Our study limitations include a lack of a randomized, placebo-controlled design. The short length of the study, lack of control group, and relatively small sample size limit conclusions. The attrition rate was moderate and was influenced by external factors such as changes in or loss of patient insurance plans and alteration in insurance policies at the primary clinic over the course of the study. Several participants’ phone service was canceled over the course of the study which contributed to the attrition rate. As with all voluntary participation studies, the potential differences in those who agreed to participate versus those who declined to participate may influence the study conclusion.

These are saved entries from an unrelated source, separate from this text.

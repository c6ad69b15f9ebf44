-- ===== src/Examples/Devices.antt =====
-- AES and the check of the app's certificate on concrete inputs.
use chain_wallet.Common.{
  ◌≡◌, refl, none, some, [], ◌∷◌, Bytes, replicate, if◌then◌else◌, IsBytes, leb,
}
use chain_wallet.Jni.Steps.{ready, used, with_array, set_array}
use chain_wallet.Hexstring.RoundTrip.{spell}
use chain_wallet.AesJni
use chain_wallet.AesJni.Laws.{cbc, ctr, encrypt_chained_lem}
use chain_wallet.AesJni.RoundTrip.{encrypt_then_decrypt, decrypt-encrypt}
use chain_wallet.Authority
use chain_wallet.Authority.{app_digests, auth_key, terminated}
use chain_wallet.Authority.Laws.{listed, get_authority_key_lem, authority_check_validity_lem}
use chain_wallet.Common.Chain.{◌>>=◌}
use chain_wallet.Examples.Data.{
  are_bytes-IsBytes, plain-undone, aes, device, digest_of_app, machine, signature,
}

abbrev counted_up : Bytes
counted_up = 1 ∷ replicate 15 0

encrypt_chained_lem_example :
    AesJni.encrypt aes 4 3 4 1 (ready 0 machine)
    ≡ some (some 30, ready 0 (with_array signature (set_array 4 counted_up (used 3 machine))))
encrypt_chained_lem_example =
    encrypt_chained_lem aes cbc 4 3 4 (replicate 16 0) signature (replicate 16 0) machine refl refl
      refl refl refl refl refl refl refl

digest-IsBytes : IsBytes digest_of_app
digest-IsBytes = are_bytes-IsBytes digest_of_app refl

found :
    (if leb 28 (Authority.current_android_os_version device)
      then Authority.get_signature_sha1_by28 device 0
      else Authority.get_signature_sha1_by1 device 0)
    ≡ some (some (7 ∷ []))
unfolding Authority.current_android_os_version Authority.get_signature_sha1_by28
    Authority.get_signature_sha1_by1 Authority.first_signature
found = refl

get_authority_key_lem_example : Authority.get_authority_key device 0 ≡ (
    Authority.authority_check_validity device 0 >>= λ valid.
    some (if valid then none else some auth_key))
get_authority_key_lem_example = get_authority_key_lem device 0

authority_check_validity_lem_example :
    Authority.authority_check_validity device 0 ≡ some (listed (spell 0 digest_of_app) app_digests)
authority_check_validity_lem_example =
    authority_check_validity_lem device 0 (7 ∷ []) (7 ∷ []) found refl digest-IsBytes

decrypt-encrypt_example :
    encrypt_then_decrypt aes ctr 4 3 7 8 (ready 0 machine)
    ≡ some (
      some 31,
      ready 0 (
          with_array signature (
            set_array 8 counted_up
              (used 3 (with_array signature (set_array 7 counted_up (used 3 machine)))))),
    )
decrypt-encrypt_example =
    decrypt-encrypt aes ctr 4 3 7 8 (replicate 16 0) signature (replicate 16 0) machine
      (λ key ctx ctx' input iv out v h h' h''. plain-undone ctx ctx' input iv out v h'') refl refl
      refl refl refl refl refl refl refl refl refl refl refl refl
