-- ===== src/Auth/Keys/Document/Termination.antt =====
-- The fuel of the loops of internal/auth/key_cache.go that decode a key document.
use miakapp_server.Prelude.{
  ℕ, zero, suc, ◌+◌, ◌≤◌, ◌<◌, ◌≡◌, refl, sym, subst, ◌≢◌, ◌⊎◌, inl, inr, Bool, true, false, ◌||◌,
  Option, none, some, List, [], ◌∷◌, ◌++◌, arith, if◌then◌else◌, Bool-cases, Option-cases, ◌==◌,
  nat_eq, length, any, length-append,
}
use miakapp_server.Text.{Text, text_eq, text_beq_iff}
use miakapp_server.GoMap.{Map, Set, contains, insert, lookup, lookup-insert}
use miakapp_server.Auth.Keys.Errors.{ok, error}
use miakapp_server.Auth.Keys.Document.{
  is_delimiter, ◌>>>◌, Token, delimiter, string, value, end_of_input, failure, Codecs, PublicJwk,
  Run, allowed, finish_key, read_members, decode_key, read_keys, finish_keys, decode_keys,
  read_document, finish_document, decode_jwks, Run-cases,
}

-- How many of the names are still without a value.
unfoldable missing : List Text → Map Text Text → ℕ
missing [] values = 0
missing (name ∷ names) values =
    if contains name values then missing names values else suc (missing names values)

contains-insert :
    (name other : Text) (text : Text) (values : Map Text Text)
    → contains other (insert name text values) ≡ (name == other || contains other values)
contains-insert name other text values =
    ground (arith, lookup-insert name other text values, Bool-cases (name == other))

missing-insert :
    (names : List Text) (name text : Text) (values : Map Text Text)
    → missing names (insert name text values) ≤ missing names values
unfolding missing
missing-insert [] name text values = omega arith
missing-insert (other ∷ names) name text values = ground (
  arith,
  missing-insert names name text values,
  contains-insert name other text values,
  Bool-cases (contains other values),
  Bool-cases (contains other (insert name text values)),
  Bool-cases (name == other),
)

missing-insert_lt :
    (names : List Text) (name text : Text) (values : Map Text Text)
    → any (λ other. other == name) names ≡ true
    → contains name values ≡ false
    → missing names (insert name text values) < missing names values
unfolding missing
missing-insert_lt [] name text values h n = absurd (ground arith)
missing-insert_lt (other ∷ names) name text values h n = elim (Bool-cases (other == name)) [
  | inl e ↦
      let same : other ≡ name = (text_beq_iff other name).0 e in
      ground (
        arith,
        missing-insert names name text values,
        contains-insert name other text values,
        (text_beq_iff name other).1 (sym same),
        subst (λ o. contains o values ≡ false) (sym same) n,
      )
  | inr e ↦ ground (
    arith,
    missing-insert_lt names name text values (ground (arith, e)) n,
    contains-insert name other text values,
    text_beq_iff name other,
    text_beq_iff other name,
    Bool-cases (contains other values),
  )
]

abbrev is_string : Token → Bool
is_string (string name) = true
is_string _ = false

string-cases : (t : Token) → (is_string t ≡ false) ⊎ ((name : Text) × (t ≡ string name))
string-cases (delimiter c) = inl refl
string-cases (string name) = inr (name, refl)
string-cases value = inl refl
string-cases end_of_input = inl refl
string-cases failure = inl refl

pub bind_ends :
    {A B : Type 0} (r : Run A) (k : A → Run B)
    → r ≢ none
    → ((a : A) → k a ≢ none)
    → (r >>> k) ≢ none
bind_ends none k h g = absurd (h refl)
bind_ends (some (ok a)) k h g = g a
bind_ends (some (error e)) k h g = ground arith

module _ (codecs : Codecs) where
  read_members_ends :
      (fuel : ℕ) (values : Map Text Text) (decoder : codecs.Decoder)
      → missing allowed values < fuel
      → read_members codecs fuel values decoder ≢ none
  unfolding read_members
  read_members_ends zero values decoder h = ground arith
  read_members_ends (suc fuel) values decoder h = elim (string-cases (codecs.token decoder).0) [
    | inr (name, f) ↦ elim (Option-cases (codecs.decode_string (codecs.token decoder).1).0) [
      | inl e ↦ ground (arith, e, f)
      | inr (text, e) ↦ ground (
        arith,
        e,
        f,
        read_members_ends fuel (insert name text values)
            (codecs.decode_string (codecs.token decoder).1).1,
        missing-insert_lt allowed name text values,
      )
    ]
    | inl f ↦ ground (arith, f)
  ]

  finish_key_ends :
      (values : Map Text Text) (decoder : codecs.Decoder) → finish_key codecs values decoder ≢ none
  unfolding finish_key
  finish_key_ends values decoder = ground arith

  decode_key_ends : (decoder : codecs.Decoder) → decode_key codecs decoder ≢ none
  unfolding decode_key missing lookup
  decode_key_ends decoder = elim (Bool-cases (is_delimiter b'{' (codecs.token decoder).0)) [
    | inr e ↦ ground (arith, e)
    | inl e ↦
        let loop = read_members_ends 7 [] (codecs.token decoder).1 (omega arith) in
        let bound =
          bind_ends (read_members codecs 7 [] (codecs.token decoder).1)
            (λ read. finish_key codecs read.0 read.1) loop
            (λ read. finish_key_ends read.0 read.1) in
        ground (arith, e, bound)
  ]

  read_keys_ends :
      (fuel : ℕ) (keys : List PublicJwk) (kids : Set Text) (decoder : codecs.Decoder)
      → 16 < fuel + length keys
      → length keys ≤ 16
      → read_keys codecs fuel keys kids decoder ≢ none
  unfolding read_keys
  read_keys_ends zero keys kids decoder h bound = absurd (omega (arith, h, bound))
  read_keys_ends (suc fuel) keys kids decoder h bound =
      elim (Run-cases (decode_key codecs decoder)) [
        | inl e ↦ absurd (decode_key_ends decoder e)
        | inr (inl (reason, e)) ↦ ground (arith, e)
        | inr (inr ((key, after), e)) ↦ ground (
          arith,
          e,
          read_keys_ends fuel (keys ++ (key ∷ [])) (insert key.kid tt kids) after,
          length-append keys (key ∷ []),
        )
      ]

  finish_keys_ends :
      (keys : List PublicJwk) (decoder : codecs.Decoder) → finish_keys codecs keys decoder ≢ none
  unfolding finish_keys
  finish_keys_ends keys decoder = ground arith

  decode_keys_ends : (decoder : codecs.Decoder) → decode_keys codecs decoder ≢ none
  unfolding decode_keys
  decode_keys_ends decoder = elim (Bool-cases (is_delimiter b'[' (codecs.token decoder).0)) [
    | inr e ↦ ground (arith, e)
    | inl e ↦
        let loop = read_keys_ends 17 [] [] (codecs.token decoder).1 (omega arith) (omega arith) in
        let bound =
          bind_ends (read_keys codecs 17 [] [] (codecs.token decoder).1)
            (λ read. finish_keys codecs read.0 read.1) loop
            (λ read. finish_keys_ends read.0 read.1) in
        ground (arith, e, bound)
  ]

  -- Once the keys have been read, no round follows but the last.
  read_document_seen_ends :
      (keys : List PublicJwk) (decoder : codecs.Decoder)
      → read_document codecs 1 (some keys) decoder ≢ none
  unfolding read_document
  read_document_seen_ends keys decoder = ground arith

  read_document_ends : (decoder : codecs.Decoder) → read_document codecs 2 none decoder ≢ none
  unfolding read_document
  read_document_ends decoder = elim (Run-cases (decode_keys codecs (codecs.token decoder).1)) [
    | inl e ↦ absurd (decode_keys_ends (codecs.token decoder).1 e)
    | inr (inl (reason, e)) ↦ ground (arith, e)
    | inr (inr ((keys, next), e)) ↦ ground (arith, e, read_document_seen_ends keys next)
  ]

  finish_document_ends :
      (seen : Option (List PublicJwk)) (decoder : codecs.Decoder)
      → finish_document codecs seen decoder ≢ none
  unfolding finish_document
  finish_document_ends none decoder = ground arith
  finish_document_ends (some keys) decoder = ground arith

  -- Whatever the JSON decoder returns, the three nested loops that read a key document end within
  -- the fuel that they are given: 7 rounds for the members of a key, 17 for the keys, 2 for the
  -- members of the document.
  pub decode_jwks_ends : (body : Text) → decode_jwks codecs body ≢ none
  unfolding decode_jwks
  decode_jwks_ends body =
      let opened = codecs.token (codecs.new_decoder body) in
      elim (Bool-cases (is_delimiter b'{' opened.0)) [
        | inr e ↦ ground (arith, e)
        | inl e ↦
            let bound =
              bind_ends (read_document codecs 2 none opened.1)
                (λ read. finish_document codecs read.0 read.1) (read_document_ends opened.1)
                (λ read. finish_document_ends read.0 read.1) in
            ground (arith, e, bound)
      ]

Pain diagnoses, comorbidities, type of opioid, opioid dose and CBD dose also varied among the participants. Several patients used fentanyl patches and therefore could not self-titrate to reduce opioid intake, as was possible with short-acting oral medications, such as oxycodone/acetaminophen and oxycodone controlled release. Variables such as changes in weather may contribute to pain, as the study began in warm months and concluded in colder months, a factor many participants reported as influencing their pain. Several participants noted significant life events that likely influenced pain and medication use, such as a car accident or surgery, during the study period. A final average change in MEQ over time would have been a valuable data point, but it was not available as many prescriptions did not officially change due to short study duration. Two participants reported completely eliminating opioid use over the 8-week period, while others reported deliberately skipping or forgetting doses of opioid medication. Some reported skipping or missing doses every day, whereas others did so irregularly. Still, more detailed data on average MEQ change over time would have improved clarity of study outcomes.

Finally, due to their subjective natures, the variables of pain, sleep, and mood are difficult variables to assess, even with validated instruments. The risk of confirmation and response biases during interviews cannot be ignored.

Future research should expand on these findings and include larger, randomized, placebo-controlled trials. These results also signal a need for improved clinical education on the topic, particularly in the pain management specialty, and potential adjustments to drug-test policies within clinics and across employers.

Conclusion

This study concludes that using CBD for chronic pain in patients using opioids has a significant effect on reducing opioid intake, reducing pain and improving QoL. Over half of the participants who added CBD hemp extract reduced or eliminated opioids over the course of 8 weeks, and almost all CBD users reported improvements in QoL.

Data sharing

The data that support the findings of this study are available from the corresponding author, AC, upon reasonable request.

Reviewer disclosure

One of the reviewers is a Consultant/Speaker and Researcher for US World Meds, BDSI, Salix, Enalare, Scilex, and Neumentum. They have no relationship with this specific research.

Declaration of interest

No potential conflict of interest was reported by the authors.

Acknowledgments

James Patrick Murphy, MD

• James Murphy granted access to his patient population for this study and allowed enrollment and data collection in his clinic, Murphy Pain Center. He has agreed to be acknowledged in this study.

• Data analysis and editorial assistance were provided by Omar Aboshady a medical writer and freelancer at Upwork.

Supplementary material

Supplemental data for this article can be accessed here.

Additional information

Funding

The study was funded by Ananda Professional. The funders had no role in study design, data collection, and analysis, or preparation of the manuscript. Alex Capano is employed by Ecofibre Ltd, which wholly owns the sponsor company, Ananda Professional.